His assertion is that by extending all of the rights and benefits of marriage to domestic partners, California decided to “equalize” domestic partnerships with marriage.
“In creating domestic partners, the Legislature has also created a policy favoring such partnerships similar to the policy favoring marriage,”
Within one month the California Supreme Court has stood on opposite sides of this issue. By not addressing the McMaster decision, the statement was made that domestic partnerships have not been made significantly similar to marriage. But this most recent opinion is consistent with Judge Kramer’s assertion that domestic partnerships are now significantly similar to marriage. Well folks…Which is it?
Why does it Matter?
California Attorney General Bill Lockyer is lobbying to have the Kramer decision advance past the appellate courts and go directly to the State Supreme Court. Once there, it will be difficult for the court not to address this inconsistency in their reasoning.
If they rule that recently passed legislation has made domestic partnerships significantly similar to marriage, then that means that the Legislature in fact violated the state constitution by amending an initiative passed by the voters. Article II, Section 10(c) of the California Constitution states “The Legislature may amend or repeal referendum statutes. It may amend or repeal an initiative statute by another statute that becomes effective only when approved by the electors unless the initiative statute permits amendment or repeal without their approval.”

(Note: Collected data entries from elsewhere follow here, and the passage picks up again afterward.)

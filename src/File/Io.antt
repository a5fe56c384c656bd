-- ===== src/File/Io.antt =====
-- file.c: fileread and filewrite, over readi and writei. The calls of begin_op, ilock, iunlock and
-- end_op are listed with the result: the inode is the one that ilock gives, and no other process
-- changes it between two rounds of filewrite.
pub mod Append
pub mod Writes
pub mod Whole
pub mod Tests
use kernel_tracing.Prelude.{
  ℕ, zero, suc, ◌+◌, ◌-◌, ◌%◌, ◌^◌, ◌⊎◌, inl, inr, Bool, not, List, ◌∷◌, ◌++◌, ltb, if◌then◌else◌,
  Outcome, ok, panic, [], ◌>>=◌,
}
use kernel_tracing.Prelude.Int.{ℤ, pos, negsuc, eq_int, is_neg, is_pos, to_nat, to_int, to_uint}
use kernel_tracing.Fs.{Data, Blocks, Superblock}
use kernel_tracing.Fs.Inode.{Inode, IoResult, refused, device, done, readi, writei}
use kernel_tracing.File.{File, FileKind, fd_none, fd_pipe, fd_inode}

-- `((LOGSIZE-1-1-2) / 2) * 512`
abbrev pub max_write : ℕ
max_write = 6656

-- The int that readi and writei return; `answer` is what the routine of a device returns.
abbrev pub io_count : (answer : ℕ → ℤ) → IoResult → ℤ
io_count answer refused = negsuc 0
io_count answer (device major) = answer major
io_count answer (done count) = to_int count

-- `if(r > 0) f->off += r`
abbrev pub move_offset : ℤ → File → File
move_offset r f = if is_pos r then record f { off = (f.off + to_nat r) % 2 ^ 32 } else f

-- The calls around readi and writei, in their order.
pub data IoCall : Type 0 where
  call_begin_op : IoCall
  call_ilock : IoCall
  call_iunlock : IoCall
  call_end_op : IoCall

-- The calls of one round of filewrite.
abbrev pub one_round : List IoCall
one_round = call_begin_op ∷ call_ilock ∷ call_iunlock ∷ call_end_op ∷ []

-- A call that goes on to piperead or pipewrite of a pipe, or the count returned with the bytes
-- stored, the file, the inode, the blocks and the calls made.
abbrev pub ReadRun : Type 0
ReadRun = ℕ ⊎ (ℤ × List ℕ × File × Inode × Blocks × List IoCall)

abbrev pub WriteRun : Type 0
WriteRun = ℕ ⊎ (ℤ × File × Inode × Blocks × List IoCall)

pub fileread :
    (has : ℕ → Bool) (answer : ℕ → ℤ)
    → Superblock
    → File
    → (n : ℤ) → Inode
    → Blocks
    → Outcome ReadRun
fileread has answer sb f n ip m =
    if not f.readable then ok (inr (negsuc 0, [], f, ip, m, [])) else elim f.kind [
      | fd_pipe pipe ↦ ok (inl pipe)
      | fd_none ↦ panic "fileread"
      | fd_inode _ ↦ do
        r ← readi has sb ip f.off (to_uint n) m
        let c = io_count answer r.0
        ok (inr (c, r.1, move_offset c f, r.2, r.3, call_ilock ∷ call_iunlock ∷ []))
    ]

-- The loop of filewrite from byte i of src on: where it ends, and the calls it makes.
pub write_rounds :
    (fuel : ℕ) (has : ℕ → Bool) (answer : ℕ → ℤ)
    → Superblock
    → (src : Data) (n i : ℕ) → File
    → Inode
    → Blocks
    → Outcome (ℕ × File × Inode × Blocks × List IoCall)
write_rounds zero has answer sb src n i f ip m = ok (i, f, ip, m, [])
write_rounds (suc fuel) has answer sb src n i f ip m =
    if not (ltb i n) then ok (i, f, ip, m, []) else (do
      let n1 = if ltb max_write (n - i) then max_write else n - i
      r ← writei has sb ip (λ j. src (i + j)) f.off n1 m
      let c = io_count answer r.0
      if is_neg c
          then ok (i, move_offset c f, r.1, r.2, one_round)
          else if not (eq_int c (pos n1))
          then panic "short filewrite"
          else (do
            rest ← write_rounds fuel has answer sb src n (i + n1) (move_offset c f) r.1 r.2
            ok (rest.0, rest.1, rest.2, rest.3, one_round ++ rest.4)))

pub filewrite :
    (has : ℕ → Bool) (answer : ℕ → ℤ)
    → Superblock
    → File
    → (src : Data) (n : ℤ) → Inode
    → Blocks
    → Outcome WriteRun
filewrite has answer sb f src n ip m =
    if not f.writable then ok (inr (negsuc 0, f, ip, m, [])) else elim f.kind [
      | fd_pipe pipe ↦ ok (inl pipe)
      | fd_none ↦ panic "filewrite"
      | fd_inode _ ↦ do
        w ← write_rounds (to_nat n) has answer sb src (to_nat n) 0 f ip m
        ok (inr (if eq_int (pos w.0) n then n else negsuc 0, w.1, w.2, w.3, w.4))
    ]
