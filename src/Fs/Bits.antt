-- ===== src/Fs/Bits.antt =====
-- fs.c: single bits of a byte, and of the bitmap of used blocks.
use kernel_tracing.Prelude.{
  ℕ, zero, suc, ◌+◌, ◌*◌, ◌/◌, ◌%◌, ◌≡◌, refl, subst, ap, ap₂, ◌∙◌, inl, inr, Bool, true, false,
  ◌&&◌, ◌||◌, not, arith, ◌==◌, ==_iff, Bool-cases, update,
}
use kernel_tracing.Fs.{
  Blocks, Superblock, bpb, bblock, has_bit, set_bit, clear_bit, mark_used, mark_free,
}

has_bit-set_bit : (j k x : ℕ) → has_bit j (set_bit k x) ≡ (j == k || has_bit j x)
unfolding has_bit set_bit
has_bit-set_bit zero zero x = ground arith
has_bit-set_bit zero (suc k) x = ground arith
has_bit-set_bit (suc j) zero x =
    let q : (x / 2 * 2 + 1) / 2 ≡ x / 2 = omega arith in ap (has_bit j) q ∙ ground arith
has_bit-set_bit (suc j) (suc k) x =
    let rest = has_bit-set_bit j k (x / 2) in
    let q : (set_bit k (x / 2) * 2 + x % 2) / 2 ≡ set_bit k (x / 2) = omega arith in
    ap (has_bit j) q ∙ rest ∙ ground arith

has_bit-clear_bit : (j k x : ℕ) → has_bit j (clear_bit k x) ≡ (not (j == k) && has_bit j x)
unfolding has_bit clear_bit
has_bit-clear_bit zero zero x = ground arith
has_bit-clear_bit zero (suc k) x = ground arith
has_bit-clear_bit (suc j) zero x =
    let q : x / 2 * 2 / 2 ≡ x / 2 = omega arith in ap (has_bit j) q ∙ ground arith
has_bit-clear_bit (suc j) (suc k) x =
    let rest = has_bit-clear_bit j k (x / 2) in
    let q : (clear_bit k (x / 2) * 2 + x % 2) / 2 ≡ clear_bit k (x / 2) = omega arith in
    ap (has_bit j) q ∙ rest ∙ ground arith

-- Whether the bitmap says that block n is in use.
abbrev pub used : Superblock → Blocks → ℕ → Bool
used sb m n = has_bit (n % bpb % 8) (m (bblock n sb) (n % bpb / 8))

-- Two blocks with the same place in the bitmap are the same.
same_place :
    (sb : Superblock) (i j : ℕ)
    → (bblock i sb == bblock j sb) ≡ true
    → (i % bpb / 8 == j % bpb / 8) ≡ true
    → (i % bpb % 8 == j % bpb % 8) ≡ true
    → i ≡ j
same_place sb i j h g e =
    let h' = (==_iff (bblock i sb) (bblock j sb)).0 h in
    let g' = (==_iff (i % bpb / 8) (j % bpb / 8)).0 g in
    let e' = (==_iff (i % bpb % 8) (j % bpb % 8)).0 e in omega (arith, h', g', e')

-- The byte with the bit of block n changed by f.
module _ (sb : Superblock) (m : Blocks) (n : ℕ) (f : ℕ → ℕ) where
  abbrev byte : ℕ
  byte = n % bpb / 8

  abbrev changed : Blocks
  changed = update m (bblock n sb) (update (m (bblock n sb)) byte (f (m (bblock n sb) byte)))

  changed_same : used sb changed n ≡ has_bit (n % bpb % 8) (f (m (bblock n sb) byte))
  changed_same = rw ((==_iff (bblock n sb) (bblock n sb)).1 refl, (==_iff byte byte).1 refl) refl

  changed_other :
      (j : ℕ)
      → (n == j) ≡ false
      → ((i x : ℕ) → (i == n % bpb % 8) ≡ false → has_bit i (f x) ≡ has_bit i x)
      → used sb changed j ≡ used sb m j
  changed_other j e h = elim (Bool-cases (bblock n sb == bblock j sb)) [
    | inr p ↦ rw (p) refl
    | inl p ↦
        let p' = (==_iff (bblock n sb) (bblock j sb)).0 p in
        elim (Bool-cases (byte == j % bpb / 8)) [
          | inr q ↦ rw (p, q) (ap (λ x. has_bit (j % bpb % 8) (m x (j % bpb / 8))) p')
          | inl q ↦
              let q' = (==_iff byte (j % bpb / 8)).0 q in
              elim (Bool-cases (n % bpb % 8 == j % bpb % 8)) [
                | inl r ↦ let w = same_place sb n j p q r in ground (arith, e, w)
                | inr r ↦
                    rw (p, q)
                      (h (j % bpb % 8) _ (ground (arith, r))
                        ∙ ap₂ (λ x y. has_bit (j % bpb % 8) (m x y)) p' q')
              ]
        ]
  ]

pub used-mark_used :
    (sb : Superblock) (m : Blocks) (n j : ℕ)
    → used sb (mark_used (bblock n sb) (n % bpb) m) j ≡ (n == j || used sb m j)
used-mark_used sb m n j = elim (Bool-cases (n == j)) [
  | inl e ↦
      let q = (==_iff n j).0 e in
      rw (e) (
        subst (λ x. used sb (mark_used (bblock n sb) (n % bpb) m) x ≡ true) q
          (changed_same sb m n (set_bit (n % bpb % 8))
            ∙ has_bit-set_bit (n % bpb % 8) (n % bpb % 8) _
            ∙ ground arith))
  | inr e ↦
      changed_other sb m n (set_bit (n % bpb % 8)) j e
        (λ i x h. has_bit-set_bit i (n % bpb % 8) x ∙ ground (arith, h))
      ∙ ground (arith, e)
]

pub used-mark_free :
    (sb : Superblock) (m : Blocks) (n j : ℕ)
    → used sb (mark_free (bblock n sb) (n % bpb) m) j ≡ (not (n == j) && used sb m j)
used-mark_free sb m n j = elim (Bool-cases (n == j)) [
  | inl e ↦
      let q = (==_iff n j).0 e in
      rw (e) (
        subst (λ x. used sb (mark_free (bblock n sb) (n % bpb) m) x ≡ false) q
          (changed_same sb m n (clear_bit (n % bpb % 8))
            ∙ has_bit-clear_bit (n % bpb % 8) (n % bpb % 8) _
            ∙ ground arith))
  | inr e ↦
      changed_other sb m n (clear_bit (n % bpb % 8)) j e
        (λ i x h. has_bit-clear_bit i (n % bpb % 8) x ∙ ground (arith, h))
      ∙ ground (arith, e)
]
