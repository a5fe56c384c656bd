-- ===== src/Fs/Scan.antt =====
-- fs.c: the search of balloc for a free block.
use kernel_tracing.Prelude.{
  ℕ, zero, suc, ◌+◌, ◌-◌, ◌*◌, ◌/◌, ◌%◌, ◌≤◌, ◌<◌, ◌≡◌, refl, subst, ap₂, ◌∙◌, ◌⊎◌, inl, inr, true,
  false, none, some, arith, ltb, ◌==◌, ltb→lt, ==_iff, Bool-cases, Option-cases, ok, panic,
}
use kernel_tracing.Fs.{
  Data, Blocks, Superblock, bpb, bblock, bzero, has_bit, scan_block, mark_used, balloc_loop,
}
use kernel_tracing.Fs.Bits.{used}

-- What the inner loop finds: the first clear bit.
scan_block-some :
    (left bi b : ℕ) (sb : Superblock) (d : Data) {r : ℕ}
    → scan_block left bi b sb d ≡ some r
    → (r < bi + left)
      × (b + r < sb.size)
      × (has_bit (r % 8) (d (r / 8)) ≡ false)
      × ((i : ℕ) → bi ≤ i → i < r → has_bit (i % 8) (d (i / 8)) ≡ true)
unfolding scan_block
scan_block-some zero bi b sb d h = cc
scan_block-some (suc left) bi b sb d {r} h = elim (Bool-cases (ltb (b + bi) sb.size)) [
  | inr e ↦ let h' = rw (e) at h in cc
  | inl e ↦
      let h' = rw (e) at h in
      elim (Bool-cases (has_bit (bi % 8) (d (bi / 8)))) [
        | inr f ↦
            let h2 = rw (f) at h' in
            let q : bi ≡ r = cc in
            subst
              (λ x.
                (x < bi + suc left)
                × (b + x < sb.size)
                × (has_bit (x % 8) (d (x / 8)) ≡ false)
                × ((i : ℕ) → bi ≤ i → i < x → has_bit (i % 8) (d (i / 8)) ≡ true))
              q (omega arith, ltb→lt _ _ e, f, λ i l g. ground (arith, l, g))
        | inl f ↦
            let h2 = rw (f) at h' in
            let (x, y, z, w) = scan_block-some left (bi + 1) b sb d h2 in
            (
              omega (arith, x),
              y,
              z,
              λ i l g. elim (Bool-cases (bi == i)) [
                | inl p ↦ subst (λ n. has_bit (n % 8) (d (n / 8)) ≡ true) ((==_iff bi i).0 p) f
                | inr p ↦ w i (ground (arith, l, p)) g
              ],
            )
      ]
]

scan_block-none :
    (left bi b : ℕ) (sb : Superblock) (d : Data)
    → scan_block left bi b sb d ≡ none
    → (i : ℕ) → bi ≤ i
    → i < bi + left
    → b + i < sb.size
    → has_bit (i % 8) (d (i / 8)) ≡ true
unfolding scan_block
scan_block-none zero bi b sb d h i l g s = ground (arith, l, g)
scan_block-none (suc left) bi b sb d h i l g s = elim (Bool-cases (ltb (b + bi) sb.size)) [
  | inr e ↦ ground (arith, e, l, s)
  | inl e ↦
      let h' = rw (e) at h in
      elim (Bool-cases (has_bit (bi % 8) (d (bi / 8)))) [
        | inr f ↦ let h2 = rw (f) at h' in cc
        | inl f ↦
            let h2 = rw (f) at h' in
            elim (Bool-cases (bi == i)) [
              | inl p ↦ subst (λ n. has_bit (n % 8) (d (n / 8)) ≡ true) ((==_iff bi i).0 p) f
              | inr p ↦
                  scan_block-none left (bi + 1) b sb d h2 i (ground (arith, l, p))
                    (omega (arith, g)) s
            ]
      ]
]

-- Bit i of the bitmap block of b, where b is the first block it speaks of.
used_at :
    (sb : Superblock) (m : Blocks) (b i : ℕ)
    → b % bpb ≡ 0
    → i < bpb
    → used sb m (b + i) ≡ has_bit (i % 8) (m (bblock b sb) (i / 8))
used_at sb m b i z l =
    let p : (b + i) % bpb ≡ i = omega (arith, z, l) in
    let q : (b + i) / bpb ≡ b / bpb = omega (arith, z, l) in
    ap₂ (λ x y. has_bit (x % 8) (m (y + sb.bmapstart) (x / 8))) p q

-- Block n was free, and the blocks below it were not; it is marked as used and filled with 0.
pub record IsFound (sb : Superblock) (m : Blocks) (n : ℕ) (m' : Blocks) : Type 0 where
  pub below : n < sb.size
  pub free : used sb m n ≡ false
  pub first : (j : ℕ) → j < n → used sb m j ≡ true
  pub result : m' ≡ bzero n (mark_used (bblock n sb) (n % bpb) m)

-- A block of the bitmap of b, by what the loop has seen of it.
from_scan :
    (sb : Superblock) (m : Blocks) (b r j : ℕ)
    → b % bpb ≡ 0
    → b ≤ j
    → j < b + r
    → r ≤ bpb
    → ((i : ℕ) → i < r → b + i < sb.size → has_bit (i % 8) (m (bblock b sb) (i / 8)) ≡ true)
    → j < sb.size
    → used sb m j ≡ true
from_scan sb m b r j z l g k h s =
    let q : b + (j - b) ≡ j = omega (arith, l) in
    subst (λ x. used sb m x ≡ true) q
      (used_at sb m b (j - b) z (omega (arith, l, g, k))
        ∙ h (j - b) (omega (arith, l, g)) (omega (arith, q, s)))

found :
    (sb : Superblock) (m : Blocks) (b r : ℕ)
    → b % bpb ≡ 0
    → r < bpb
    → b + r < sb.size
    → has_bit (r % 8) (m (bblock b sb) (r / 8)) ≡ false
    → ((j : ℕ) → j < b + r → used sb m j ≡ true)
    → IsFound sb m (b + r) (bzero (b + r) (mark_used (bblock b sb) r m))
found sb m b r z l s f h = record {
  below = s;
  free = used_at sb m b r z l ∙ f;
  first = h;
  result =
      let p : r ≡ (b + r) % bpb = omega (arith, z, l) in
      let q : b / bpb ≡ (b + r) / bpb = omega (arith, z, l) in
      ap₂ (λ x y. bzero (b + r) (mark_used (x + sb.bmapstart) y m)) q p;
}

pub balloc_loop-decides :
    (fuel b : ℕ) (sb : Superblock) (m : Blocks)
    → b % bpb ≡ 0
    → sb.size ≤ b + fuel * bpb
    → ((j : ℕ) → j < b → j < sb.size → used sb m j ≡ true)
    → ((n : ℕ) × (m' : Blocks) × (balloc_loop fuel b sb m ≡ ok (n, m')) × IsFound sb m n m')
      ⊎ ((balloc_loop fuel b sb m ≡ panic "balloc: out of blocks")
          × ((j : ℕ) → j < sb.size → used sb m j ≡ true))
unfolding balloc_loop
balloc_loop-decides zero b sb m z l h = inr (refl, λ j g. h j (omega (arith, l, g)) g)
balloc_loop-decides (suc fuel) b sb m z l h = elim (Bool-cases (ltb b sb.size)) [
  | inr e ↦ rw (e) (inr (refl, λ j g. h j (ground (arith, e, g)) g))
  | inl e ↦ elim (Option-cases (scan_block bpb 0 b sb (m (bblock b sb)))) [
    | inl f ↦
        let full = scan_block-none bpb 0 b sb (m (bblock b sb)) f in
        rw (e, f)
          (balloc_loop-decides fuel (b + bpb) sb m (omega (arith, z)) (omega (arith, l)) (λ j g s.
            elim (Bool-cases (ltb j b)) [
              | inl p ↦ h j (ltb→lt _ _ p) s
              | inr p ↦
                  from_scan sb m b bpb j z (ground (arith, p)) g (omega arith)
                    (λ i u v. full i (omega arith) u v) s
            ]))
    | inr (r, f) ↦
        let (x, y, w, v) = scan_block-some bpb 0 b sb (m (bblock b sb)) f in
        rw (e, f)
          (inl (
            b + r,
            bzero (b + r) (mark_used (bblock b sb) r m),
            refl,
            found sb m b r z x y w (λ j g. elim (Bool-cases (ltb j b)) [
              | inl p ↦ h j (ltb→lt _ _ p) (omega (arith, g, y))
              | inr p ↦
                  from_scan sb m b r j z (ground (arith, p)) g (omega (arith, x))
                    (λ i u _. v i (omega arith) u) (omega (arith, g, y))
            ]),
          ))
  ]
]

And while this should result in the dissolution of domestic partner laws, it could also result in the termination of Prop 22. This would not necessarily make same-sex marriage legal. But by eliminating the ban on such unions, it would open the door for the legislature to pass legislation making them legal.
On the other hand, if the court rules that domestic partnerships are not similar to marriage, then this will undermine the basis of Judge Kramer’s argument in that the passage of AB 25 & AB 205 do not constitute a significant change in public policy in regards to marriage and does not violate the separate but equal clause. Such a ruling should keep Prop. 22 in place, but may solidify the constitutionality of domestic partnerships in California.
What can we do?
Neither of the above mentioned scenarios are win-win. Both represent partial victories that would also open the door to the redefining and undermining of the institution of marriage. The only way to fully protect marriage in the State of California is by passing a constitutional amendment to protect marriage.
Currently there are two amendments that have received title and summery by the Attorney General’s office. One is offered by VoteYesMarriage.com and the other by ProtectMarriage.com. I encourage you to visit both of their websites and review the language of their respective amendments. Please support one or the other, or even both!
If nothing else, the facts laid out in this commentary should serve as proof that the only way we are going to fully protect marriage is by codifying it in law as a part of our state constitution.